Serves as a teaching and self-study tool to understand complex NMR multiplets. Inspired by the Valiulin book (see the reference). One can draw a multiplet, and optionally draw the splitting tree along with annotations of the J values and guides connecting the tree to the peak maxima.

Usage

multiplet(
  J = c(15, 12, 2),
  pw = 0.5,
  plot = TRUE,
  plotJtree = TRUE,
  showJvalues = TRUE,
  showJtreeGuides = TRUE
)

Value

A matrix as produced by makeSpec().

Arguments

J

Numeric. A vector giving the coupling constants.

pw

Numeric. Half the peak width at half-maximum (HWHM). Passed to makeSpec(), and then lorentzCurve() where it is the gamma argument.

plot

Logical. Shall the multiplet be drawn?

plotJtree

Logical. Shall the Jtree be drawn? plot must also be TRUE in this case, and is set automatically if needed.

showJvalues

Logical. Should the J values be added to the plot?

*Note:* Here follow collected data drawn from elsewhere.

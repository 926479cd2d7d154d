-- ===== src/Organization/Plans.antt =====
-- internal/repositories/organization/repository.go: an organization's plan and subscription; and the
-- order of plans in internal/services/webhook/dodo.go.
pub mod Higher
use orbit_api.Common.{Bool, true, false, Option, none, some, [], ◌∷◌, ◌&&◌, not, if◌then◌else◌}
use orbit_api.Common.Int.{ℤ, pos, leb_ℤ}
use orbit_api.Common.Str.{Str, is_empty}
use orbit_api.Common.Table.{lookup, update, has}
use orbit_api.Common.Result.{Result, ok, err}
use orbit_api.Store.{Organization, Plan, Db, org_key, plan_key}
use orbit_api.Store.Tx.{
  Link, Error, not_answered, unknown_plan, organization_missing, load_plan, load_plan_order,
  update_plan, find_organization, load_subscription, update_subscription,
}
use orbit_api.Webhook.Text.{trim_space}
use orbit_api.Webhook.Subscription.{pick_higher_plan}

abbrev pub set_plan : Str → Organization → Organization
set_plan slug o = record o { plan_slug = slug }

-- COALESCE((SELECT sort_order …), 0)
unfoldable pub order_or_zero : Str → Db → ℤ
order_or_zero slug d = elim (lookup plan_key slug d.plans) [ none ↦ pos 0 | some p ↦ p.sort_order ]

-- The query after an update that met no row.
abbrev pub must_exist : Link → Str → Db → Result Error (Unit {0})
must_exist link org d =
    if link find_organization
    then err (not_answered find_organization)
    else if has org_key org d.organizations
    then ok tt
    else err organization_missing

-- The update of the row, whose plan is not above the new one.
unfoldable pub raise_plan : Link → Str → Plan → Db → Result Error (Unit {0}) × Db
raise_plan link org p d = elim (lookup org_key org d.organizations) [
  | none ↦ (must_exist link org d, d)
  | some o ↦
      if leb_ℤ (order_or_zero o.plan_slug d) p.sort_order
      then (
        ok tt,
        record d { organizations = update org_key org (set_plan p.slug) d.organizations },
      )
      else (must_exist link org d, d)
]

unfoldable pub set_plan_slug_if_higher : Link → Str → Str → Db → Result Error (Unit {0}) × Db
set_plan_slug_if_higher link org slug d =
    if link load_plan_order
    then (err (not_answered load_plan_order), d)
    else elim (lookup plan_key slug d.plans) [
      | none ↦ (err unknown_plan, d)
      | some p ↦
          if link update_plan then (err (not_answered update_plan), d) else raise_plan link org p d
    ]

-- No row is no subscription.
unfoldable pub get_dodo_subscription_id : Link → Str → Db → Result Error Str
get_dodo_subscription_id link org d =
    if link load_subscription
    then err (not_answered load_subscription)
    else elim (lookup org_key org d.organizations) [
      | none ↦ ok []
      | some o ↦ ok (trim_space o.dodo_subscription_id)
    ]

unfoldable pub set_dodo_subscription_id : Link → Str → Str → Db → Result Error (Unit {0}) × Db
set_dodo_subscription_id link org subscription d =
    let org' = trim_space org in
    let subscription' = trim_space subscription in
    if is_empty org'
    then (ok tt, d)
    else if is_empty subscription'
    then (ok tt, d)
    else if link update_subscription
    then (err (not_answered update_subscription), d)
    else if not (has org_key org' d.organizations)
    then (err organization_missing, d)
    else (
      ok tt,
      record d {
        organizations =
            update org_key org' (λ o. record o { dodo_subscription_id = subscription' })
              d.organizations;
      },
    )

-- attachPlan
unfoldable pub attach_plan : Link → Str → Str → Db → Result Error (Unit {0}) × Db
attach_plan link org slug d =
    if is_empty org
    then (ok tt, d)
    else if is_empty slug
    then (ok tt, d)
    else set_plan_slug_if_higher link org slug d

-- GetBySlug of internal/repositories/plan/repository.go, which finds active plans only.
unfoldable pub get_by_slug : Link → Str → Db → Result Error (Option Plan)
get_by_slug link slug d =
    if link load_plan then err (not_answered load_plan) else elim (lookup plan_key slug d.plans) [
      | none ↦ ok none
      | some p ↦ ok (if p.is_active then some p else none)
    ]

unfoldable pub plan_sort_order : Link → Str → Db → Result Error (ℤ × Bool)
plan_sort_order link slug d =
    if is_empty (trim_space slug)
    then ok (pos 0, false)
    else elim (get_by_slug link (trim_space slug) d) [
      | err e ↦ err e
      | ok none ↦ ok (pos 0, false)
      | ok (some p) ↦ ok (p.sort_order, true)
    ]

unfoldable pub higher_plan : Link → Str → Str → Db → Result Error Str
higher_plan link incoming previous d = elim (plan_sort_order link incoming d) [
  | err e ↦ err e
  | ok (incoming_order, incoming_known) ↦ elim (plan_sort_order link previous d) [
    | err e ↦ err e
    | ok (previous_order, previous_known) ↦ ok (
        pick_higher_plan incoming previous incoming_known incoming_order previous_known
          previous_order)
  ]
]
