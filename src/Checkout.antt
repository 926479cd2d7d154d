-- ===== src/Checkout.antt =====
-- internal/services/checkout: which plan an organization may buy.
pub mod Guard
use orbit_api.Common.{Bool, true, false, Option, none, some, if◌then◌else◌}
use orbit_api.Common.Int.{ltb_ℤ}
use orbit_api.Common.Str.{Str, str_eq, is_empty}
use orbit_api.Common.Table.{lookup}
use orbit_api.Common.Result.{Result, ok, err}
use orbit_api.Store.{Plan, Db, org_key}
use orbit_api.Store.Tx.{Link, Error, not_answered, same_plan, downgrade, load_organization}
use orbit_api.Webhook.Text.{trim_space}
use orbit_api.Organization.Plans.{get_by_slug}

unfoldable pub plan_change_error : Option Plan → Option Plan → Result Error (Unit {0})
plan_change_error none target = ok tt
plan_change_error (some c) none = ok tt
plan_change_error (some c) (some t) =
    if str_eq c.slug t.slug
    then err same_plan
    else if ltb_ℤ t.sort_order c.sort_order
    then err downgrade
    else ok tt

unfoldable pub guard_plan_change : Link → Str → Plan → Db → Result Error (Unit {0})
guard_plan_change link org target d =
    if link load_organization
    then err (not_answered load_organization)
    else elim (lookup org_key org d.organizations) [
      | none ↦ ok tt
      | some o ↦
          if is_empty (trim_space o.plan_slug)
          then ok tt
          else elim (get_by_slug link o.plan_slug d) [
            | err e ↦ err e
            | ok current ↦ plan_change_error current (some target)
          ]
    ]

Only relevant if plotJtree = TRUE.

showJtreeGuides

Logical. Shall dotted guides be drawn between the last leaves of the Jtree and the peak maxima? Only relevant if plotJtree = TRUE.

Author

Bryan A. Hanson, DePauw University. hanson@depauw.edu

References

Roman A. Valiulin NMR Multiplet Interpretation, 2nd Edition, de Gruyter, 2025.

Examples

Run this code
# Example 3.1 from Valiulin, a ddt.
res <- multiplet(J = c(16.8, 10.1, 6.7, 6.7))
# Example 3.2 from Valiulin, a tt.
res <- multiplet(J = c(6.1, 6.1, 2.15, 2.15))
# Example 3.3 from Valiulin, a dddd.
res <- multiplet(J = c(12.7, 12.2, 10.0, 4.9))
# Some other nice examples
res <- multiplet(J = c(15, 12, 8, 7), pw = 0.25)
res <- multiplet(J = c(15, 8, 5, 2))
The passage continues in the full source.